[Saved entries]

★ ★ ★ ★ ★

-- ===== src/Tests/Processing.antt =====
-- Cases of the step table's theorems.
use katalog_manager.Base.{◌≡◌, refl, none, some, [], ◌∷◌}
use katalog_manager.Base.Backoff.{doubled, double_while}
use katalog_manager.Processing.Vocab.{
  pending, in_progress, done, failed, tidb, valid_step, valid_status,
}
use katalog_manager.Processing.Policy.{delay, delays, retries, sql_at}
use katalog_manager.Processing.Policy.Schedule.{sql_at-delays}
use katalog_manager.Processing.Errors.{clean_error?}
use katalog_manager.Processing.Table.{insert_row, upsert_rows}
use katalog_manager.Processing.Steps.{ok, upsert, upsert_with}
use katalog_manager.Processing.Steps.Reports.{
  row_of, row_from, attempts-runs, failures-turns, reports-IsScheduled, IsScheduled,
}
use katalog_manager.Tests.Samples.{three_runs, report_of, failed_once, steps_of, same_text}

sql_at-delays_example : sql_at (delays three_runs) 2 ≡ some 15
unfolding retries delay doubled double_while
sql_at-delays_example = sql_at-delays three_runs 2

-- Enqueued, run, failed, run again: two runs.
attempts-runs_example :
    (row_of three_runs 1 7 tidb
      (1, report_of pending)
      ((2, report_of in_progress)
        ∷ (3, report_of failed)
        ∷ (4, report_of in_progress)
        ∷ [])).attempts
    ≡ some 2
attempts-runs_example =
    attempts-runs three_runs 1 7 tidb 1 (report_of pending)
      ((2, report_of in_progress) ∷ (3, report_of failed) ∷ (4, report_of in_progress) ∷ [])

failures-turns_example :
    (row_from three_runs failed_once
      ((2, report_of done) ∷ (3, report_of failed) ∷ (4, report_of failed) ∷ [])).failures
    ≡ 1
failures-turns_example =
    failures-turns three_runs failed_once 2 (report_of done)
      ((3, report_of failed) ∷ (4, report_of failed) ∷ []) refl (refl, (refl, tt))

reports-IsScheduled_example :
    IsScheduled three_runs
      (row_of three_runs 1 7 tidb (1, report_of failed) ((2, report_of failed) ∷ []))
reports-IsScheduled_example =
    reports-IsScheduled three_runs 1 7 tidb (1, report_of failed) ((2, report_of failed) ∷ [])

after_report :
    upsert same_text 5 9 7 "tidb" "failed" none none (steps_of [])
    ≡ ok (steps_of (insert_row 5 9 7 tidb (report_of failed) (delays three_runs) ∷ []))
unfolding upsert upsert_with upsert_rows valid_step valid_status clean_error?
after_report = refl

★ ★ ★ ★ ★

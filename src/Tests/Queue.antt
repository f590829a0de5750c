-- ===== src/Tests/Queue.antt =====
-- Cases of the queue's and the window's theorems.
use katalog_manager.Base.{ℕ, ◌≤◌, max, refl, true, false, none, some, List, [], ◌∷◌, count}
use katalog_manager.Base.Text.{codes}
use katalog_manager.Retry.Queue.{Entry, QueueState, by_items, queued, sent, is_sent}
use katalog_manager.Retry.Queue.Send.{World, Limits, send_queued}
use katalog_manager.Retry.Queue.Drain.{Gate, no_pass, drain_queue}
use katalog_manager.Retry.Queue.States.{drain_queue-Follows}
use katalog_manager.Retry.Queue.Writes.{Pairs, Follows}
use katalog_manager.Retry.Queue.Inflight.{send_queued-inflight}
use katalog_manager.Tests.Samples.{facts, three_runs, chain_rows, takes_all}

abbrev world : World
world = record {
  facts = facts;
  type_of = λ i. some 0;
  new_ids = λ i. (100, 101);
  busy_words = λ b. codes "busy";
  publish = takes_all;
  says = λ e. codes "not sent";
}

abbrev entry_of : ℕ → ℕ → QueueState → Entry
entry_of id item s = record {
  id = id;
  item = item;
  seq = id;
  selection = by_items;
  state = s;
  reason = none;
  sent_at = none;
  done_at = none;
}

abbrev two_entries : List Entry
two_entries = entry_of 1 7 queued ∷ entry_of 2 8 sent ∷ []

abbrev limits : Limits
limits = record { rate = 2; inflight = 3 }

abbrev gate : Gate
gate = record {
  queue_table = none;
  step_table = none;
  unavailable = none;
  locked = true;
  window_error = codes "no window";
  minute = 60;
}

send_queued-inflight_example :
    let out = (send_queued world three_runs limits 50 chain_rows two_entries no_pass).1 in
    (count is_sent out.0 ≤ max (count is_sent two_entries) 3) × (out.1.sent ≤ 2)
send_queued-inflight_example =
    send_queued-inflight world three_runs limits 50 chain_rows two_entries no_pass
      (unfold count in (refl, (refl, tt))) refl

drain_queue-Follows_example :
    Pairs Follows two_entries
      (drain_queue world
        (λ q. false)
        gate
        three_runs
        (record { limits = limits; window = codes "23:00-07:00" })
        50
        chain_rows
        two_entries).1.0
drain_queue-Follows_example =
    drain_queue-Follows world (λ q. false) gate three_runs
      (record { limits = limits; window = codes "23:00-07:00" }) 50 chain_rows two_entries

★ ★ ★ ★ ★

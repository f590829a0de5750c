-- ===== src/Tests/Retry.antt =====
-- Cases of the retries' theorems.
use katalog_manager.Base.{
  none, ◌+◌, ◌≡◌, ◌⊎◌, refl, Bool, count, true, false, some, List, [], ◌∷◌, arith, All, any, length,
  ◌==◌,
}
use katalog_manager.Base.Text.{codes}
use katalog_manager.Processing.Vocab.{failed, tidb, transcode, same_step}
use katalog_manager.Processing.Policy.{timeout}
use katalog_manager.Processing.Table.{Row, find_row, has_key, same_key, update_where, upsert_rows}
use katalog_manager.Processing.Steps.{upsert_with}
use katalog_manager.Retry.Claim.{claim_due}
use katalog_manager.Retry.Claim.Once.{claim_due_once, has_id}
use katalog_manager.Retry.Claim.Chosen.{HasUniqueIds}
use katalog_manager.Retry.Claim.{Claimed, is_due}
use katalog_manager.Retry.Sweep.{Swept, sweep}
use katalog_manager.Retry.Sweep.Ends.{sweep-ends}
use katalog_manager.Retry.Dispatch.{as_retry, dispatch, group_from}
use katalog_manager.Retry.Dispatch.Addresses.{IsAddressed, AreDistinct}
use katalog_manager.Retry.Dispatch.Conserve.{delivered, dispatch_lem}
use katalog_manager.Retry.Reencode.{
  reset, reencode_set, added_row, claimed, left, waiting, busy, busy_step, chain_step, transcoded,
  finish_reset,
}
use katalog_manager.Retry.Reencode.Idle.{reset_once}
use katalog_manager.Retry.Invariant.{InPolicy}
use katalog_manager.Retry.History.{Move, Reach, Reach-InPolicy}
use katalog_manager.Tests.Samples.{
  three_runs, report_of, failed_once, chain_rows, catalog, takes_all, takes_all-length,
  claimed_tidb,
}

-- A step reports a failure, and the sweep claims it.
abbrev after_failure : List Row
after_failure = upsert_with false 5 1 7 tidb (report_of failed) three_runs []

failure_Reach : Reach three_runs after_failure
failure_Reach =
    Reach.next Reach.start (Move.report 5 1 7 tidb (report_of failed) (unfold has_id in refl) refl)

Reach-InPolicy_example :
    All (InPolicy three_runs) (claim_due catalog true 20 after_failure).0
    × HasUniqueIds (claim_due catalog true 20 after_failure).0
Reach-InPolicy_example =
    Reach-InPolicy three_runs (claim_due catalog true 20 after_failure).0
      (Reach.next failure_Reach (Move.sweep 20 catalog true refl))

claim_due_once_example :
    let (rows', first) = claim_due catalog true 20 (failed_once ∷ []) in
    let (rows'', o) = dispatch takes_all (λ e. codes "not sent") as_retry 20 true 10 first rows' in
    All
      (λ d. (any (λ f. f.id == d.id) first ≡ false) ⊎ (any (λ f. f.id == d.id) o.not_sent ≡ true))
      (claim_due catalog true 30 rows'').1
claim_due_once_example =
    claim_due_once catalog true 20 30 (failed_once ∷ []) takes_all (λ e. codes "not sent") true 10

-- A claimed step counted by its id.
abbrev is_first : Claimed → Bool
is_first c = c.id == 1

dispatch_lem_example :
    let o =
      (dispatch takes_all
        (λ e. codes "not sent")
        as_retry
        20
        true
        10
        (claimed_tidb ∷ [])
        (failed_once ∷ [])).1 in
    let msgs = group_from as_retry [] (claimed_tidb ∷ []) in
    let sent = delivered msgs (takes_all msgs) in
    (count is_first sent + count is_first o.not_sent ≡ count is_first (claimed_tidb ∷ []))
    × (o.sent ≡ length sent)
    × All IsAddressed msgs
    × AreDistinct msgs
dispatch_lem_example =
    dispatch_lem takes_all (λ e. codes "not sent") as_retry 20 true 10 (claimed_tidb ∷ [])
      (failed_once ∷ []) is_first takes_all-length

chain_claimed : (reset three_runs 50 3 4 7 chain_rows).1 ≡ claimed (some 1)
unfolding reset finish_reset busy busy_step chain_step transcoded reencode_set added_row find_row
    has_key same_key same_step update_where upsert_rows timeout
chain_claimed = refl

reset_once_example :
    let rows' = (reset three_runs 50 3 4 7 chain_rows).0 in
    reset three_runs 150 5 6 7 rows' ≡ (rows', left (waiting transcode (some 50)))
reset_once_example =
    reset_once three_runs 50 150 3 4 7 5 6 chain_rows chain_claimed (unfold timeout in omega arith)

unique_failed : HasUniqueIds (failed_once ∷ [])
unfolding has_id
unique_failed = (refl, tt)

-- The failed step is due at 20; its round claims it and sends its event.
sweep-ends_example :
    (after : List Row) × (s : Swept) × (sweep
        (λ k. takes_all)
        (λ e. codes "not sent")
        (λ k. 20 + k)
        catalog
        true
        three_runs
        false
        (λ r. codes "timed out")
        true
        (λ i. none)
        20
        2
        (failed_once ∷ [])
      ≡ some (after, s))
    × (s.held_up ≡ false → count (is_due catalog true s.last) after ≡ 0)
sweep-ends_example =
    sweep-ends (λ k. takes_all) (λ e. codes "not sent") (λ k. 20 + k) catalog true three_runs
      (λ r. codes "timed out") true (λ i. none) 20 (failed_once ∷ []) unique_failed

★ ★ ★ ★ ★

Problem requirements: Copy out only the lines above from the one with "abbrev entry_of : ℕ → ℕ → QueueState → Entry" to the one with "queue_table = none;", inclusive, exactly as they stand.

Answer:
abbrev entry_of : ℕ → ℕ → QueueState → Entry
entry_of id item s = record {
  id = id;
  item = item;
  seq = id;
  selection = by_items;
  state = s;
  reason = none;
  sent_at = none;
  done_at = none;
}

abbrev two_entries : List Entry
two_entries = entry_of 1 7 queued ∷ entry_of 2 8 sent ∷ []

abbrev limits : Limits
limits = record { rate = 2; inflight = 3 }

abbrev gate : Gate
gate = record {
  queue_table = none;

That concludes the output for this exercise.